Иконописец и псоглавец
Иконописец Алимпий, длинноволосый, бородатый, с глазами не от мира сего, стреляет гусей, стоя по колено в озёрных камышах. Вокруг растут бесконечные осока и пушица. Продираясь через карликовую берёзу, тащит убитого гуся в избу. Гусь толстый, большой — килограммов пять, Алимпий доволен. Предки его бежали сюда от Антихриста, но все вымерли, и Алимпий остался один из своего поселения. Однажды к нему пришёл и стал жить с ним человек из чуждого и странного народа, населявшего некогда эти места, — псоглавец. Великан с собачьей головой. Алимпий пишет с него святого Христофора: собачий профиль, охряный нимб, латы воина, тёмный закопчённый фон. Он рисует его с пикой, со щитом, с веткой ползучей полярной ивы. Псоглавец сидит у их с Алимпием жилища и курит трубку. «Гуся принёс?» — спрашивает. «Принёс», — отвечает Алимпий, бросает гуся, садится рядом. Дым трубки слегка отгоняет комаров и мелкую разнообразную мошку. Медленно, мутно смотрят они на поле карликовой берёзы и мха, на озеро, на невысокие травы. «Видел сегодня птицу поганку на озере, — рассказывает иконописец, — до чего красивая: на голове рожки, между ними хохол, глаза красные». — «А мне сон приснился, что люди пришли, есть просят, — проснулся, никого нету». — «Э, сюда, брат, никто никогда не придёт. За весь мой век ни разу не приходили. Как мать умерла тому три десятка лет — ни разу человека не видел, кроме тебя, псоглавого». — «Да и хорошо, что не придут, уже и людей-то, скорей всего, не осталось». — «Нет никого, это точно». Приготовили гуся, помолились, сели ужинать. Легли спать на деревянные лавки. Алимпий перед сном читает молитвенное правило, а псоглавец про себя думает: зачем это нужно, неужели не понятно, что если людей не осталось, то Бога уже тоже не осталось. Или только на Алимпии одном Бог и держится? Может, и так, думает псоглавец. Уж точно не на нём, псоглавце, он же не святой Христофор и вправду, который нёс Бога на спине. Псоглавец слушает, как путаные разрозненные обрывки мыслей шевелятся в его голове и перерастают в сны. Вот, кажется ему, стоит кол среди тундры, к колу привязана верёвка, и ветер треплет её оборванный конец… Коптит в углу маленькая лампадка пред ликом Исуса.
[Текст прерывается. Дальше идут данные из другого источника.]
-- ===== src/Db.antt =====
-- internal/db: the catalog's rows and tables, and the server that keeps them.
-- A table is the list of its rows in the order of insertion. The statements are those of the
-- source; the server (Postgres) may refuse any of them, and supplies the time and random ids.
pub mod Ids
pub mod Disks
pub mod Files
pub mod MediaTypes
pub mod DryRuns
pub mod Search
pub mod Joined
pub mod Best
pub mod Schema
pub mod Metadata
use varis.Base.{
  ℕ, zero, suc, ◌+◌, ◌-◌, ◌*◌, ◌/◌, ◌%◌, ◌^◌, ◌≤◌, ◌<◌, min, bit_xor, ◌≡◌, ◌≢◌, ◌↔◌, ◌⊎◌, inl, inr,
  refl, sym, ap, ap₂, subst, fun_ext, ◌∙◌, Bool, true, false, not, ◌&&◌, ◌||◌, Bool-cases, List, [],
  ◌∷◌, ◌++◌, map, append_assoc, append-nil, map-append, Option, none, some, Option-cases, arith,
  tests, ltb, leb, ◌==◌, ltb→lt, lt→ltb, leb→le, le→leb, ==_iff, if◌then◌else◌, dec_lt, dec_le,
  ℕ_discrete, Text, codes, text_eq, text_eq_iff, text_eq_refl, text_ne, contains, contains-append,
  Error, external, message, wrapped, not_found, Result, ok, err, ◌>>=◌, Result-cases, length,
  get_elem?, get_or, set, take, drop, replicate, All, All-append, All-imp, length-append,
  length-map, length-replicate, length-take, length-drop, take-append-drop, get_or_ext, add64,
  mul64, neg64, lt64, div64, is_negative64, int64_limit,
}
use varis.Base.Dict.{Dict}
use varis.Base.Effect.{Effect}

-- `"data" | "parity"`, or whatever else the column holds.
pub data Role : Type 0 where
  data_role parity_role : Role
  other_role : Text → Role

-- `"optical" | "filesystem"`, or whatever else the column holds.
pub data WriteKind : Type 0 where
  optical filesystem : WriteKind
  other_kind : Text → WriteKind

pub record Disk : Type 0 where
  pub id : Text
  pub media_type : Text
  pub parity_percent : ℕ
  pub group_id : Option Text
  pub role : Role
  pub slot_index : Option ℕ
  pub iso_hash : Text
  pub created_at : ℕ
  pub is_dry_run : Bool

-- `tags` is a Go slice, which may be nil (`none`).
pub record FileRecord : Type 0 where
  pub id : Text
  pub disk_id : Text
  pub original_path : Text
  pub size_bytes : ℕ
  pub file_hash : Text
  pub tags : Option (List Text)
  pub description : Text
  pub disk_is_dry_run : Bool

pub record StagedMetadata : Type 0 where
  pub tags : List Text
  pub description : Text

pub record MediaType : Type 0 where
  pub name : Text
  pub capacity_bytes : ℕ
  pub id_prefix : Text
  pub write_kind : WriteKind

pub record DiskGroup : Type 0 where
  pub id : Text
  pub burn_job_id : Text
  pub group_size : ℕ

-- The tables, with the number of random ids drawn and of statements sent so far.
pub record Catalog : Type 0 where
  pub media_types : List MediaType
  pub disk_groups : List DiskGroup
  pub disks : List Disk
  pub files : List FileRecord
  pub staged_metadata : Dict StagedMetadata
  pub drawn : ℕ
  pub statements : ℕ

-- The server: `outage n` is the error with which it refuses the n-th statement, if it does;
-- `uuid n` the n-th value of `gen_random_uuid()`; `now n` the time at the n-th statement.
pub record Postgres : Type 0 where
  pub outage : ℕ → Option Error
  pub uuid : ℕ → Text
  pub now : ℕ → ℕ

-- The server's constraint errors, by their SQLSTATE.
abbrev pub not_null_violation : Error
not_null_violation = external 23502

abbrev pub foreign_key_violation : Error
foreign_key_violation = external 23503

abbrev pub unique_violation : Error
unique_violation = external 23505

abbrev pub counted : Catalog → Catalog
counted db = record db { statements = db.statements + 1 }

-- A random id is drawn for a row's default, before the constraints are checked.
abbrev pub id_drawn : Catalog → Catalog
id_drawn db = record db { drawn = db.drawn + 1 }

-- One statement: refused by an outage, or carried out.
abbrev pub statement : {A : Type 0} → Postgres → Effect Catalog A → Effect Catalog A
statement pg run db = elim (pg.outage db.statements) [
  | some e ↦ (err e, counted db)
  | none ↦ run (counted db)
]
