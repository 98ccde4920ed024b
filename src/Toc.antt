-- ===== src/Toc.antt =====
-- internal/toc/toc.go: the table of contents that stands beside a disc's payload.
use varis.Base.{ℕ, Bool, List, Text}
use varis.Db.{Role}

pub record FileEntry : Type 0 where
  pub path : Text
  pub size_bytes : ℕ
  pub sha256 : Text

pub record Toc : Type 0 where
  pub disk_id : Text
  pub media_type : Text
  pub parity_percent : ℕ
  pub compressed : Bool
  pub group_id : Text
  pub role : Role
  pub slot_index : ℕ
  pub created_at : ℕ
  pub files : List FileEntry
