-- ===== src/Os.antt =====
-- What the code uses of Go's library and of the machine: files, programs, the clock. All of it is
-- outside the repository, so it is a record whose fields are arbitrary.
use varis.Base.{ℕ, Bool, List, Option, Text, Error, Result}
use varis.Base.Effect.{Effect}
use varis.Toc.{Toc}

-- One call of the function given to `filepath.WalkDir`.
pub record Visit : Type 0 where
  pub path : Text
  pub failure : Option Error
  pub is_regular : Bool
  pub size : Result ℕ

-- `statfs` gives the blocks that are free and their size, `stat` and `file_header` a file's
-- description, `copy` is `io.Copy` of an open file into another, followed by its `Close`; `run` is
-- `Executor.Run`; `marshal` and `parse` are those of package toc, by encoding/json. `tar_headers`
-- are the names that a tar reader's `Next` gives up to its first error, or up to `io.EOF`, and
-- `copy_member` copies the member that it has come to into a file. `copy_n` is `io.CopyN`: whether
-- all bytes were there, or it came to `io.EOF` before.
pub record Os (W : Type 0) : Type 0 where
  pub join : Text → Text → Text
  pub base_name : Text → Text
  pub relative : Text → Text → Result Text
  pub statfs : Text → Effect W (ℕ × ℕ)
  pub walk : Text → Effect W (List Visit)
  pub stat : Text → Effect W Text
  pub remove : Text → Effect W (Unit {0})
  pub remove_all : Text → Effect W (Unit {0})
  pub make_dir_all : Text → Effect W (Unit {0})
  pub open_file : Text → Effect W (Unit {0})
  pub create_file : Text → Effect W (Unit {0})
  pub rename : Text → Text → Effect W (Unit {0})
  pub copy : Text → Text → Effect W (Unit {0})
  pub read_file : Text → Effect W Text
  pub write_file : Text → Text → Effect W (Unit {0})
  pub file_info_header : Text → Result Text
  pub write_header : Text → Text → Text → Effect W (Unit {0})
  pub close_tar : Text → Effect W (Unit {0})
  pub close_gzip : Text → Effect W (Unit {0})
  pub run : Text → List Text → Effect W Text
  pub sha256_hex : Text → Text
  pub marshal : Toc → Result Text
  pub parse : Text → Result Toc
  pub make_temp_dir : Text → Text → Effect W Text
  pub open_gzip : Text → Effect W (Unit {0})
  pub tar_headers : Text → Effect W (List (Result Text))
  pub copy_member : Text → Text → Text → Effect W (Unit {0})
  pub copy_n : Text → Text → ℕ → Effect W Bool
  pub now : Effect W ℕ
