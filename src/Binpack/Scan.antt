-- ===== src/Binpack/Scan.antt =====
-- `ScanStaging` of internal/binpack/binpack.go.
use varis.Base.{
  ℕ, Bool, true, false, ◌&&◌, ◌||◌, List, [], ◌∷◌, none, some, ltb, ◌==◌, if◌then◌else◌, Text,
  Result, ok, err,
}
use varis.Base.Effect.{Effect, pure, lift, ◌>>=◌}
use varis.Os.{Os, Visit}
use varis.Binpack.{FileInfo}

-- `s < t` on strings.
unfoldable pub text_less : Text → Text → Bool
text_less [] [] = false
text_less [] (_ ∷ _) = true
text_less (_ ∷ _) [] = false
text_less (a ∷ s) (b ∷ t) = ltb a b || (a == b && text_less s t)

unfoldable pub insert_by_path : FileInfo → List FileInfo → List FileInfo
insert_by_path f [] = f ∷ []
insert_by_path f (g ∷ files) =
    let later = insert_by_path f files in
    if text_less g.path f.path then g ∷ later else f ∷ g ∷ files

unfoldable pub sort_by_path : List FileInfo → List FileInfo
unfolding insert_by_path
sort_by_path [] = []
sort_by_path (f ∷ files) = insert_by_path f (sort_by_path files)

-- A regular file, in front of those of the later visits.
abbrev pub with_file : Result Text → Result ℕ → Result (List FileInfo) → Result (List FileInfo)
with_file (err e) size rest = err e
with_file (ok rel) (err e) rest = err e
with_file (ok rel) (ok size) (err e) = err e
with_file (ok rel) (ok size) (ok files) = ok (record { path = rel; size = size } ∷ files)

-- The function that is called for each visit, up to the first error.
unfoldable pub visit_all : {W : Type 0} → Os W → Text → List Visit → Result (List FileInfo)
visit_all os root [] = ok []
visit_all os root (v ∷ visits) =
    let rest = visit_all os root visits in
    elim v.failure [
      | some e ↦ err e
      | none ↦ (if v.is_regular then with_file (os.relative root v.path) v.size rest else rest)
    ]

unfoldable pub scan_staging : {W : Type 0} → Os W → Text → Effect W (List FileInfo)
unfolding sort_by_path visit_all
scan_staging os root = do
  visits ← os.walk root
  files ← lift (visit_all os root visits)
  pure (sort_by_path files)
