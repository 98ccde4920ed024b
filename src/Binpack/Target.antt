-- ===== src/Binpack/Target.antt =====
-- The data budget of a disc.
use varis.Base.{ℕ, ◌+◌, ◌*◌, ◌/◌, ◌^◌, ◌≤◌, ◌<◌, ◌≡◌, arith, int64_limit}
use varis.Binpack.{target_data_size}

target_data_size-eq :
    (capacity parity : ℕ)
    → capacity * 100 < int64_limit
    → parity < 2 ^ 32
    → target_data_size capacity parity ≡ capacity * 100 / (100 + parity)
unfolding target_data_size
target_data_size-eq capacity parity h p = ground arith

-- Where a hundred times the capacity is below 2 ^ 63 and the percentage of parity below 2 ^ 32, the
-- budget is the most data that fits on a disc together with its parity: that much data and `parity`
-- percent of it stay within the capacity, and one byte more of data does not.
pub target_data_size_lem :
    (capacity parity : ℕ)
    → capacity * 100 < int64_limit
    → parity < 2 ^ 32
    → (target_data_size capacity parity * (100 + parity) ≤ capacity * 100)
      × (capacity * 100 < (target_data_size capacity parity + 1) * (100 + parity))
target_data_size_lem capacity parity h p =
    rw (target_data_size-eq capacity parity h p) (omega arith, omega arith)
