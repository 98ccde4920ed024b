-- ===== src/Burn.antt =====
-- internal/burn: planning and burning discs, and the rebuilding of a lost one.
pub mod Cataloger
pub mod Plan
pub mod Tools
pub mod Job
pub mod Disc
pub mod Manager
pub mod Step
pub mod Run
pub mod Payload
pub mod Reconstruct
Алимпий спит и знает: она защитит его от Антихриста и от волка. Псоглавец спит и слышит во сне дыханье Алимпия, и знает: даже если нет Бога, он сам защитит Алимпия от полярной тьмы, тяжкой тоски, бесконечного одиночества…
Одуванчики
У взорванных ракетных шахт выросли огромные, с пятилетнего ребёнка ростом одуванчики. Из безбрежной травы выступают стеблями, полными горького молочка, покачивают исполинскими золотыми шарами своих разумных голов. «Почему мы такие большие?» — спрашивает один другого. «Наверное, из-за радиации», — отвечает ему тот. В ярко-солнечном ворсе их раскрытых бутонов таится вязкий одуванчиковый мёд, чуть кисловатое варенье, вино. Медленно преображаются они, переодеваются в зыбкую мерцающую паутину, накидывают на себя тонкую звёздную сетку своих семян. По ночам они не сворачивают бутоны, не спят, как делали их собратья, а светят, как большие цветочные луны. Постепенно, в июне, одуванчики сходят с ума: разум их весь уходит в семена, а семена облетают с ветром и с каждой упорхнувшей бело-серебряной пушинкой одуванчик теряет часть души. Многие из них стоят какое-то время полубезумные, другие — пока ещё безумные на четверть, но рано или поздно все семена разлетаются и одуванчик теряет остатки души и разума. Можно сказать, что теперь он превратился в растение. Что у него — глубокий апато-абулический синдром. Без всякого выражения смотрят в небо их опустевшие средоточия — утыканные маленькими точками головки, к которым так непрочно крепились семена. Что же, пусть они потеряли себя, зато удалось им рассеять свою душу над полем и травами. Разлетевшись тысячами пушинок, найдут их души себе новый приют на земле, неистовыми солнцами взойдут их бесчисленные дети, полные вина и мёда, и наследуют землю.